Deneyin bu ikinci aşamasından da özetle şöyle bir sonuç çıkarılmış: “Fare yalnızca doğru yolu bulmayı değil, nasıl bulması gerektiğini de öğreniyor.”

Bu deneyde kullanılan farelerden biri lâbirentteki yolu iyice öğrendikten sonra, aynı lâbirente bir başka aç fare konmuş. Bu yeni fare lâbirent deneyine ilk kez sokuluyormuş. Yeni farenin, artık yiyeceği bulmakta ustalaşmış olan fare gibi aynı deneyim aşamalarından geçmesi bekleniyormuş ama hiç de öyle olmamış. Yeni fare, bu lâbirentte deneyim elde etmiş farenin yiyeceğe varmasına pek yakın bir süre içinde başarıya ulaşmış.

Aynı deney başka farelerle, başka biçimlerde düzenlenmiş lâbirentlerle de yapılmış. Başarının giderek arttığı görülmüş. Lâbirentler yeni fareler için bir “sır” olmaktan çıkmış.

Şaşkınlık içinde şöyle bir sonuca varılmış: “Fareler arasında bir iletişim var... Öğrendiklerini hemen hemcinslerine aktarıyorlar.”

Bu deneyde kullanılan farelerin hepsi aynı kafeste tutuluyormuş. Edindikleri bilgiyi aralarında konuşarak birbirlerine ilettikleri kuşkusu doğmuş.

Bunun üzerine, aynı deneyler en baştan ve bu kez apayrı kafeslerde tutulan fareler kullanılarak yapılmış. Sonuç değişmemiş.

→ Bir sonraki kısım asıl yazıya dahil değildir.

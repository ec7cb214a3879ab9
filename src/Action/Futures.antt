-- ===== src/Action/Futures.antt =====
-- src/action.rs: every future is an action, which polls it while the thread-local cell has the context.
use finch_router.Prelude.{Option, Effect}
use finch_router.Crates.{Crates}
use finch_router.Error.{Error}
use finch_router.Context.{Context, ActionContext}
use finch_router.Context.Local.{Local, set_task_cx}
use finch_router.Action.{Async, Polled, EndpointAction, Endpoint}
use finch_router.Body.{default_preflight}

-- what the code of a future can change: itself, and through the cell the context
pub record Running (k : Crates) (F : Type 0) : Type 0 where
  pub future : F
  pub context : Context k

-- `Future::poll`, with its error converted
abbrev pub FuturePoll : (k : Crates) (P F T : Type 0) → Type 0
FuturePoll k P F T = Effect (Local P (Running k F)) Error (Async T)

module _ {k : Crates} {Bd P F T : Type 0} (here : P) (outer : Option P)
    (poll : FuturePoll k P F T) where
  -- the cell as the future finds it before `set`: it has whatever the thread has set outside
  abbrev pub around : F → ActionContext k Bd → Local P (Running k F)
  around future cx = record {
    tls_cx = outer;
    rest = record { future = future; context = cx.context };
  }

  -- `poll_action` of a future, whose context is at the address `here`
  unfoldable pub poll_future : F → ActionContext k Bd → Polled k Bd F T
  unfolding set_task_cx
  poll_future future cx =
      let (r, st) = set_task_cx here poll (around future cx) in
      (r, st.rest.future, record cx { context = st.rest.context })

  -- `EndpointAction for F`
  unfoldable pub future_action : EndpointAction k Bd F T
  unfolding poll_future default_preflight
  future_action = record { preflight = default_preflight; poll_action = poll_future }

  -- `endpoint(|| future)`
  abbrev pub future_endpoint : F → Endpoint k Bd F T
  future_endpoint future = record { action = future; behaviour = future_action }
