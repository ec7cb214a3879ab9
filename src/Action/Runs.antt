-- ===== src/Action/Runs.antt =====
-- How a caller drives an action: `preflight` once and, if that is incomplete, `poll_action` until
-- it is ready or fails. These relations describe such runs of the actions of src/action.rs.
use finch_router.Prelude.{◌≡◌, Outcome, ok, err, panicked}
use finch_router.Crates.{Crates}
use finch_router.Error.{Error}
use finch_router.Context.{ActionContext}
use finch_router.Action.{Async, ready, not_ready, EndpointAction}

-- A result that ends the polling, as one poll returns it.
abbrev pub as_poll : {E T : Type 0} → Outcome E T → Outcome E (Async T)
as_poll (ok x) = ok (ready x)
as_poll (err e) = err e
as_poll panicked = panicked

module _ {ℓ} {k : Crates} {Bd : Type 0} {S : Type ℓ} {T : Type 0}
    (a : EndpointAction k Bd S T) where
  -- Polling from a state and a context ends with a result, in a state and a context.
  pub data Settles (r : Outcome Error T) (s' : S) (cx' : ActionContext k Bd)
      : S → ActionContext k Bd → Type ℓ where
    now :
        {s : S} {cx : ActionContext k Bd}
        → a.poll_action s cx ≡ (as_poll r, s', cx')
        → Settles r s' cx' s cx
    later :
        {s s1 : S} {cx cx1 : ActionContext k Bd}
        → a.poll_action s cx ≡ (ok not_ready, s1, cx1)
        → Settles r s' cx' s1 cx1
        → Settles r s' cx' s cx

Bunun üzerine şu yargıya varılmış: “Farelerin, aralarında iletişim kurmak için bir arada olmaları, birbirlerini görmeleri gerekmiyor.”

Daha ileri gidilmiş... Yepyeni bir lâbirent hazırlanarak tüm deneyin ilk bölümü Amerika’daki bir laboratuarda yapılmış. Hemen sonra, aynı lâbirent ile Avustralya’da yapılan deneyin sonucu akıllara durgunluk vermiş. Amerika’daki bir fare yolu öğrenir öğrenmez, Avustralya’daki fareler de onun kadar olmasa bile ona pek yakın bir yetkinlikte yolu öğreniveriyorlarmış.

Buna benzer daha birçok deney yapılmış Hepsinden benzer sonuçlar elde edilmiş. Varılan yargı şöyle: “Farelerin arasındaki iletişim uzaklıktan da etkilenmiyor.”

Tüm bunların nedenini ve nasılını “Ortak Bellek Teorisi” şöyle açıklıyor: “Her canlının bedenindeki belleğin kapasitesi sınırlıdır. Aslında tüm bilgilerin depolanmakta olduğu bir ortak evrensel bellek vardır. Tüm düşünceler, psikonlar ile taşınarak burada biriktirilir. Her canlı, kendi yetenekleri ölçüsünde bu ortak bellekte tutulmakta olan bilgileri alıp kullanabilir.”

Dolayısıyla “psikon” denilen canlı düşünce cisimcikleri salt insanlara özgü değil. Hayvanların da kendilerine göre bir düşünme yeteneği var ve bunlar da psikon üretiyor.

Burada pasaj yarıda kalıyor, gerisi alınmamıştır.